VEC= ['AAAAAAAAAAAAAAAA','AAAAAAAAAAAAAAAT','AAAAGAAAAAATAAAA'...]
so that dist(VEC[1],VEC[2])=1, dist(VEC[1],VEC[3])=2 etc... and RES[1]=1. Using tips and tricks from these pages I came up with:
#METHOD#1:
import Levenshtein
import numpy
RES=99*numpy.ones(len(VEC))
i=0
for a in VEC:
dist=numpy.array([Levenshtein.hamming(a,b) for b in VEC] ) #array of distances
RES[i]=numpy.amin(dist[dist>0]) #pick min distance greater than zero
i+=1
a shortened VEC of only 10,000 took about 70 sec, but if I extrapolate that to the full million it will take 8 days. My approach seems wasteful since I'm recalculating the symmetric parts of the distance matrix so I tried to calculate half of the matrix while updating RES for each row as I went along:
#METHOD #2:
import Levenshtein
import numpy
RES=99*numpy.ones(len(VEC))
for i in range(len(VEC)-1):
dist=[Levenshtein.hamming(VEC[i],VEC[j]) for j in range(i+1, len(VEC))]

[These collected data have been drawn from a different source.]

-- ===== src/Admission/Union.antt =====
-- The cones of the parents of an event, and their union, in `evaluate` of
-- crates/cc-ledger/src/v1.rs.
use clockchain.Prelude.{
  ℕ, ◌≡◌, ◌↔◌, ◌⊎◌, refl, sym, subst, inl, inr, true, ◌||◌, some, List, [], ◌∷◌, All, arith, ◌==◌,
  ==_iff, Bool-cases, nat_key,
}
use clockchain.Prelude.Table.{lookup, contains_key}
use clockchain.Prelude.Ordered.{IsAscending, set_contains}
use clockchain.Wire.{Hash}
use clockchain.Wire.Signed.{Crypto}
use clockchain.Ledger.{Events}
use clockchain.Ledger.Search.{Reaches, here}
use clockchain.Ledger.Parts.{IsPart}
use clockchain.Edges.{Statuses}
use clockchain.Admission.{cones_of, insert_all, union_of}
use clockchain.Edges.Standing.{accepted}
use clockchain.Admission.Past.{IsAdmitted, cone-IsPart, insert_all-IsPart}

module _ {SecretKey : Type 0} (crypto : Crypto SecretKey) (all : Events) (rank : Hash → ℕ) where
  -- What the union of the cones of some parents with a part is.
  pub record IsUnion (ps : List Hash) (past union : Events) : Type 0 where
    pub part : IsPart crypto all rank union
    pub reached :
        (x : Hash)
        → contains_key x union ≡ true
        → (contains_key x past ≡ true) ⊎ ((p : Hash) × (set_contains p ps ≡ true) × Reaches all p x)
    pub kept : (x : Hash) → contains_key x past ≡ true → contains_key x union ≡ true
    pub covers : (p : Hash) → set_contains p ps ≡ true → contains_key p union ≡ true

  IsUnion-step :
      (p : Hash) (ps : List Hash) (m past union : Events)
      → ((x : Hash) → (contains_key x m ≡ true) ↔ Reaches all p x)
      → ((x : Hash)
          → contains_key x (insert_all m past) ≡ (contains_key x m || contains_key x past))
      → IsUnion ps (insert_all m past) union
      → IsUnion (p ∷ ps) past union
  unfolding set_contains
  IsUnion-step p ps m past union reach keys u = record {
    part = u.part;
    reached = λ x h. elim (u.reached x h) [
      | inr (q, n, r) ↦ inr (q, ground (arith, n), r)
      | inl put ↦ elim (Bool-cases (contains_key x m)) [
        | inl known ↦ inr (p, ground arith, (reach x).0 known)
        | inr other ↦ inl (ground (arith, keys x, put, other))
      ]
    ];
    kept = λ x h. u.kept x (ground (arith, keys x, h));
    covers = λ q n. elim (Bool-cases (q == p)) [
      | inl same ↦
          let own : contains_key p m ≡ true = (reach p).1 here in
          let put = u.kept p (ground (arith, keys p, own)) in
          subst (λ (y : Hash). contains_key y union ≡ true) (sym ((==_iff q p).0 same)) put
      | inr differ ↦ u.covers q (ground (arith, n, differ))
    ];
  }

  nothing-IsPart : IsPart crypto all rank []
  unfolding lookup
  nothing-IsPart = record {
    distinct = tt;
    within = λ x e h. absurd (ground (arith, h));
    closed = λ x e p h m. absurd (ground (arith, h));
    ranked = λ x e p h m. absurd (ground (arith, h));
    acts = λ x e h. absurd (ground (arith, h));
  }

  module _ (out : Statuses) (a : IsAdmitted crypto all rank out) where
    cones_of-IsUnion :
        (ps : List Hash)
        → ((p : Hash) → set_contains p ps ≡ true → accepted out p ≡ true)
        → (cones : List Events) × (cones_of all ps ≡ some cones)
          × All (IsPart crypto all rank) cones
          × ((past : Events)
              → IsPart crypto all rank past
              → IsAscending past
              → IsUnion ps past (union_of cones past))
    unfolding cones_of union_of set_contains
    cones_of-IsUnion [] ok = (
      [],
      refl,
      tt,
      λ past w asc. record {
        part = w;
        reached = λ x h. inl h;
        kept = λ x h. h;
        covers = λ p m. absurd (ground (arith, m));
      },
    )
    cones_of-IsUnion (p ∷ ps) ok =
        let (m, eq, part, reach) = cone-IsPart crypto all rank out a p (ok p (ground arith)) in
        let (cones, eqs, parts, unions) = cones_of-IsUnion ps (λ q n. ok q (ground (arith, n))) in
        (
          m ∷ cones,
          rw eq (rw eqs refl),
          (part, parts),
          λ past w asc.
              let (w', asc', keys) = insert_all-IsPart crypto all rank m past part w asc in
              IsUnion-step p ps m past (union_of cones (insert_all m past)) reach keys
                (unions (insert_all m past) w' asc'),
        )

    -- The past of an event whose parents are valid is found, and is governed.
    pub past-IsUnion :
        (ps : List Hash)
        → ((p : Hash) → set_contains p ps ≡ true → accepted out p ≡ true)
        → (cones : List Events) × (cones_of all ps ≡ some cones)
          × All (IsPart crypto all rank) cones
          × IsUnion ps [] (union_of cones [])
    past-IsUnion ps ok =
        let (cones, eq, parts, unions) = cones_of-IsUnion ps ok in
        (cones, eq, parts, unions [] nothing-IsPart tt)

RES[i]=min(numpy.amin(dist),RES[i])
#update RES as you go along:
k=0
for j in range(i+1,len(VEC)):
if dist[k]<RES[j]:
RES[j]=dist[k]
k+=1
Probably not surprisingly, this 2nd approach takes almost twice as long (117 sec) so it isn't very good. Regardless, can anyone recommend improvements/changes to make this faster?
If you only need the nearest neighbor for each bitarry (ignoring itself), and you could get away with a tiny chance of only getting an approximate nearest neighbor, you might consider implementing the "Bit Sampling" Locality Sensitive Hash for Hamming distance. In a nutshell, create three hash tables. From each 128-bit input, sample 16 bits, 3 times, using those 16 bit samples as keys. The values of your hash tables should be a list of all 128-bit inputs that had that sampled key. Once you place all million of your inputs into the LSH index, simply:
- Iterate over the million points
- For each input, perform the above 3-sampling
- Find the nearest neighbor in each of the three lists (with distance > 0), keep the best overall
Both loading and testing are ludicrously quick. I might recommend the excellent bitarray library for underpinning this.
I tried to use numpy. Here is my code:
#!/usr/bin/env python
import numpy as np
import time
def gen_data(n):
arr = np.empty(shape=(n, 16))
for i in range(n):
arr[i] = np.random.randint(ord('A'), ord('Z')+1, 16)
return arr
def distance_from_array(i, arr):
r = arr[i] != arr
r[i,:] = True
min_i = np.argmin(np.sum(r, axis=1))
return min_i
data = gen_data(1000000)
distances = []
start = time.time()
for i in range(200):
distances.append(distance_from_array(i, data))
end = time.time()
print end - start
You can convert your list of strings into an array of numbers. Then you can use numpy function for working with array, such as sum and argmin. I think you don't want to find only distances larger than 1, if it's possible that one string will appear twice.
I tested it on my computer and it takes about 10 seconds to process 200 strings. For each one you have to go through all 1 000 000 other strings, so we can compute the time it would take to process all of them fairly easily. It should be around 13 hours. However, don't forget that we are using only one core at the moment. If you split indexes and use http://docs.python.org/2/library/multiprocessing.html#module-multiprocessing.pool you can get your results quite quickly.